▶ [ASSIGNED TASK]: Would you write the data out once more, exactly as it is?

▶ [THE RECORDS]:
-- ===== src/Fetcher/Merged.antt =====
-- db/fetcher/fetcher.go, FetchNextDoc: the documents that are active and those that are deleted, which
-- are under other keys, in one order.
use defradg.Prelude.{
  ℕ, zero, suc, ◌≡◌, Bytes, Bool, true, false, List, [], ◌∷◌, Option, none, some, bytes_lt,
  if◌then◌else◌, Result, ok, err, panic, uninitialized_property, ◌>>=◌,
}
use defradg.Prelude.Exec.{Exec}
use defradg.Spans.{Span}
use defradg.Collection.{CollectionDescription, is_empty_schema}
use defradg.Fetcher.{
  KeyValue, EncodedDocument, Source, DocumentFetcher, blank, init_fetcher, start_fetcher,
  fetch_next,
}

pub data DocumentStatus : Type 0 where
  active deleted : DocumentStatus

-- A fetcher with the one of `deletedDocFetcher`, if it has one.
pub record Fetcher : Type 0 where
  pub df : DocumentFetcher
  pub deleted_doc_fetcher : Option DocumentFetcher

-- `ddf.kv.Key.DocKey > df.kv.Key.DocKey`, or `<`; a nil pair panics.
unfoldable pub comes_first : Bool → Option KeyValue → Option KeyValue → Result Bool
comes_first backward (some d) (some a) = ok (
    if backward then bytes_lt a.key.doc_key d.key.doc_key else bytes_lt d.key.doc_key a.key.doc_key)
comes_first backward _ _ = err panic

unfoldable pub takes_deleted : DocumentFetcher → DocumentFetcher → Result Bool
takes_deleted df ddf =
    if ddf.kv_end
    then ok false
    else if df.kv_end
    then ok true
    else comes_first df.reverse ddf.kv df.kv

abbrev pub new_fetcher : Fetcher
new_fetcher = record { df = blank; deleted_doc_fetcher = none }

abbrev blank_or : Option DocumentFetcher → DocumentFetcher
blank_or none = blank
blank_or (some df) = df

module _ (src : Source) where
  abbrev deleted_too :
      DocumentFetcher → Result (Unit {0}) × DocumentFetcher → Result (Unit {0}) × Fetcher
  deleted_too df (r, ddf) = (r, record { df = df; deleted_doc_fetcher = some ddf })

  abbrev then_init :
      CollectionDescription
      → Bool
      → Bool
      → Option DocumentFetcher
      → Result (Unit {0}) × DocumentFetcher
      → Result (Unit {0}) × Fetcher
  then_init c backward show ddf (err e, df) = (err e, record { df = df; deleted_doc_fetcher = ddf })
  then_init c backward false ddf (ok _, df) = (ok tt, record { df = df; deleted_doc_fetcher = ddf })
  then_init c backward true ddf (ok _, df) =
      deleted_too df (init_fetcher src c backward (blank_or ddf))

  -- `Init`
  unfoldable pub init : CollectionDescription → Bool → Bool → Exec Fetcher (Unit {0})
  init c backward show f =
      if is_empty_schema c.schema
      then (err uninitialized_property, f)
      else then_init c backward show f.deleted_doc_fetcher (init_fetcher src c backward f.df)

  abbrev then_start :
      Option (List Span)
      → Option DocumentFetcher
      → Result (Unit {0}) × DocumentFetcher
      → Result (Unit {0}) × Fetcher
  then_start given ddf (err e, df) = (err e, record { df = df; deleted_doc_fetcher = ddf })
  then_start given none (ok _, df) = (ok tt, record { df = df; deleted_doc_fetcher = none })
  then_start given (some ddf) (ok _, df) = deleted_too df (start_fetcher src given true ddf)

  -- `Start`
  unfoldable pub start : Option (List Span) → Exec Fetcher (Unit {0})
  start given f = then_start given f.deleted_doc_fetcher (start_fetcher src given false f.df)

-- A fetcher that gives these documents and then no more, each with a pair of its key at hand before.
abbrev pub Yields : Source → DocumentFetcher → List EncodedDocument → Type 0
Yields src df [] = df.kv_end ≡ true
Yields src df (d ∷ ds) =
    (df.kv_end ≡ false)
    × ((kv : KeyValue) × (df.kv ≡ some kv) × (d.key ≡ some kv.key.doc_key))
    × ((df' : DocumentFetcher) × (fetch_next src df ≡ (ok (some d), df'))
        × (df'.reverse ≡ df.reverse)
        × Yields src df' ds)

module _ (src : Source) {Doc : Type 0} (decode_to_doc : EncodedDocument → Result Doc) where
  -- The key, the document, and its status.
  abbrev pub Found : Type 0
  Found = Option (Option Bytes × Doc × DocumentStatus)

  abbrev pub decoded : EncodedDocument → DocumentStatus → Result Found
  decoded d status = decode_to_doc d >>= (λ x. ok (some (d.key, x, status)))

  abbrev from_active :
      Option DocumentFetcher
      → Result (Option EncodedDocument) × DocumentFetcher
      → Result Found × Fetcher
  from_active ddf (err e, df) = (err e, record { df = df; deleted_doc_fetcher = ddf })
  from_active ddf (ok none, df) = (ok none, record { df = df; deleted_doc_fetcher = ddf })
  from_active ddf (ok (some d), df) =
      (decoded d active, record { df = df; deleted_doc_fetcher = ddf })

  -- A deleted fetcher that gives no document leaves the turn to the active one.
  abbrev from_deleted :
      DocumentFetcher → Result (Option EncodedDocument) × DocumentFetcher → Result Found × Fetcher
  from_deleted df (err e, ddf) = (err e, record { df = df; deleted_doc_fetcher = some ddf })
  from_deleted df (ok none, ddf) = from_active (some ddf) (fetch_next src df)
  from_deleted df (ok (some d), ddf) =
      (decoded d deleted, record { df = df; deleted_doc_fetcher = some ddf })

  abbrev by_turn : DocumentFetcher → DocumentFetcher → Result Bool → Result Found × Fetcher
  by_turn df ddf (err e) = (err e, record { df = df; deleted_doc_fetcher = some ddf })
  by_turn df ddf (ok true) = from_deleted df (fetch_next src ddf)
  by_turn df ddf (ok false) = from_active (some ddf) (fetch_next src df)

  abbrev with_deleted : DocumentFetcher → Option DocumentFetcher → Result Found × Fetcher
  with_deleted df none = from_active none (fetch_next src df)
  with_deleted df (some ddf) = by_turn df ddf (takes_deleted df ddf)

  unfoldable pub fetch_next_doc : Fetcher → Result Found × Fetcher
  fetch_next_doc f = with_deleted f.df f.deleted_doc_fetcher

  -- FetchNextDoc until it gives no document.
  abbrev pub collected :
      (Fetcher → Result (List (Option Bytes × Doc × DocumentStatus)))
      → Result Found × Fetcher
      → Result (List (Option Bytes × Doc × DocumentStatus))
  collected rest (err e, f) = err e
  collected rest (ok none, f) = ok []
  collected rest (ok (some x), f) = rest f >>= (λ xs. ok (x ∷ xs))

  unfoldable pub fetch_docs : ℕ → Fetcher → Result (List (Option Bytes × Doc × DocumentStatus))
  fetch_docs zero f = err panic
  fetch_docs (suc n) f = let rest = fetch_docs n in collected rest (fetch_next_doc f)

▶ [ANSWER FOR THIS EXERCISE]:
-- ===== src/Fetcher/Merged.antt =====
-- db/fetcher/fetcher.go, FetchNextDoc: the documents that are active and those that are deleted, which
-- are under other keys, in one order.
use defradg.Prelude.{
  ℕ, zero, suc, ◌≡◌, Bytes, Bool, true, false, List, [], ◌∷◌, Option, none, some, bytes_lt,
  if◌then◌else◌, Result, ok, err, panic, uninitialized_property, ◌>>=◌,
}
use defradg.Prelude.Exec.{Exec}
use defradg.Spans.{Span}
use defradg.Collection.{CollectionDescription, is_empty_schema}
use defradg.Fetcher.{
  KeyValue, EncodedDocument, Source, DocumentFetcher, blank, init_fetcher, start_fetcher,
  fetch_next,
}

pub data DocumentStatus : Type 0 where
  active deleted : DocumentStatus

-- A fetcher with the one of `deletedDocFetcher`, if it has one.
pub record Fetcher : Type 0 where
  pub df : DocumentFetcher
  pub deleted_doc_fetcher : Option DocumentFetcher

-- `ddf.kv.Key.DocKey > df.kv.Key.DocKey`, or `<`; a nil pair panics.
unfoldable pub comes_first : Bool → Option KeyValue → Option KeyValue → Result Bool
comes_first backward (some d) (some a) = ok (
    if backward then bytes_lt a.key.doc_key d.key.doc_key else bytes_lt d.key.doc_key a.key.doc_key)
comes_first backward _ _ = err panic

unfoldable pub takes_deleted : DocumentFetcher → DocumentFetcher → Result Bool
takes_deleted df ddf =
    if ddf.kv_end
    then ok false
    else if df.kv_end
    then ok true
    else comes_first df.reverse ddf.kv df.kv

abbrev pub new_fetcher : Fetcher
new_fetcher = record { df = blank; deleted_doc_fetcher = none }

abbrev blank_or : Option DocumentFetcher → DocumentFetcher
blank_or none = blank
blank_or (some df) = df

module _ (src : Source) where
  abbrev deleted_too :
      DocumentFetcher → Result (Unit {0}) × DocumentFetcher → Result (Unit {0}) × Fetcher
  deleted_too df (r, ddf) = (r, record { df = df; deleted_doc_fetcher = some ddf })

  abbrev then_init :
      CollectionDescription
      → Bool
      → Bool
      → Option DocumentFetcher
      → Result (Unit {0}) × DocumentFetcher
      → Result (Unit {0}) × Fetcher
  then_init c backward show ddf (err e, df) = (err e, record { df = df; deleted_doc_fetcher = ddf })
  then_init c backward false ddf (ok _, df) = (ok tt, record { df = df; deleted_doc_fetcher = ddf })
  then_init c backward true ddf (ok _, df) =
      deleted_too df (init_fetcher src c backward (blank_or ddf))

  -- `Init`
  unfoldable pub init : CollectionDescription → Bool → Bool → Exec Fetcher (Unit {0})
  init c backward show f =
      if is_empty_schema c.schema
      then (err uninitialized_property, f)
      else then_init c backward show f.deleted_doc_fetcher (init_fetcher src c backward f.df)

  abbrev then_start :
      Option (List Span)
      → Option DocumentFetcher
      → Result (Unit {0}) × DocumentFetcher
      → Result (Unit {0}) × Fetcher
  then_start given ddf (err e, df) = (err e, record { df = df; deleted_doc_fetcher = ddf })
  then_start given none (ok _, df) = (ok tt, record { df = df; deleted_doc_fetcher = none })
  then_start given (some ddf) (ok _, df) = deleted_too df (start_fetcher src given true ddf)

  -- `Start`
  unfoldable pub start : Option (List Span) → Exec Fetcher (Unit {0})
  start given f = then_start given f.deleted_doc_fetcher (start_fetcher src given false f.df)

-- A fetcher that gives these documents and then no more, each with a pair of its key at hand before.
abbrev pub Yields : Source → DocumentFetcher → List EncodedDocument → Type 0
Yields src df [] = df.kv_end ≡ true
Yields src df (d ∷ ds) =
    (df.kv_end ≡ false)
    × ((kv : KeyValue) × (df.kv ≡ some kv) × (d.key ≡ some kv.key.doc_key))
    × ((df' : DocumentFetcher) × (fetch_next src df ≡ (ok (some d), df'))
        × (df'.reverse ≡ df.reverse)
        × Yields src df' ds)

module _ (src : Source) {Doc : Type 0} (decode_to_doc : EncodedDocument → Result Doc) where
  -- The key, the document, and its status.
  abbrev pub Found : Type 0
  Found = Option (Option Bytes × Doc × DocumentStatus)

  abbrev pub decoded : EncodedDocument → DocumentStatus → Result Found
  decoded d status = decode_to_doc d >>= (λ x. ok (some (d.key, x, status)))

  abbrev from_active :
      Option DocumentFetcher
      → Result (Option EncodedDocument) × DocumentFetcher
      → Result Found × Fetcher
  from_active ddf (err e, df) = (err e, record { df = df; deleted_doc_fetcher = ddf })
  from_active ddf (ok none, df) = (ok none, record { df = df; deleted_doc_fetcher = ddf })
  from_active ddf (ok (some d), df) =
      (decoded d active, record { df = df; deleted_doc_fetcher = ddf })

  -- A deleted fetcher that gives no document leaves the turn to the active one.
  abbrev from_deleted :
      DocumentFetcher → Result (Option EncodedDocument) × DocumentFetcher → Result Found × Fetcher
  from_deleted df (err e, ddf) = (err e, record { df = df; deleted_doc_fetcher = some ddf })
  from_deleted df (ok none, ddf) = from_active (some ddf) (fetch_next src df)
  from_deleted df (ok (some d), ddf) =
      (decoded d deleted, record { df = df; deleted_doc_fetcher = some ddf })

  abbrev by_turn : DocumentFetcher → DocumentFetcher → Result Bool → Result Found × Fetcher
  by_turn df ddf (err e) = (err e, record { df = df; deleted_doc_fetcher = some ddf })
  by_turn df ddf (ok true) = from_deleted df (fetch_next src ddf)
  by_turn df ddf (ok false) = from_active (some ddf) (fetch_next src df)

  abbrev with_deleted : DocumentFetcher → Option DocumentFetcher → Result Found × Fetcher
  with_deleted df none = from_active none (fetch_next src df)
  with_deleted df (some ddf) = by_turn df ddf (takes_deleted df ddf)

  unfoldable pub fetch_next_doc : Fetcher → Result Found × Fetcher
  fetch_next_doc f = with_deleted f.df f.deleted_doc_fetcher

  -- FetchNextDoc until it gives no document.
  abbrev pub collected :
      (Fetcher → Result (List (Option Bytes × Doc × DocumentStatus)))
      → Result Found × Fetcher
      → Result (List (Option Bytes × Doc × DocumentStatus))
  collected rest (err e, f) = err e
  collected rest (ok none, f) = ok []
  collected rest (ok (some x), f) = rest f >>= (λ xs. ok (x ∷ xs))

  unfoldable pub fetch_docs : ℕ → Fetcher → Result (List (Option Bytes × Doc × DocumentStatus))
  fetch_docs zero f = err panic
  fetch_docs (suc n) f = let rest = fetch_docs n in collected rest (fetch_next_doc f)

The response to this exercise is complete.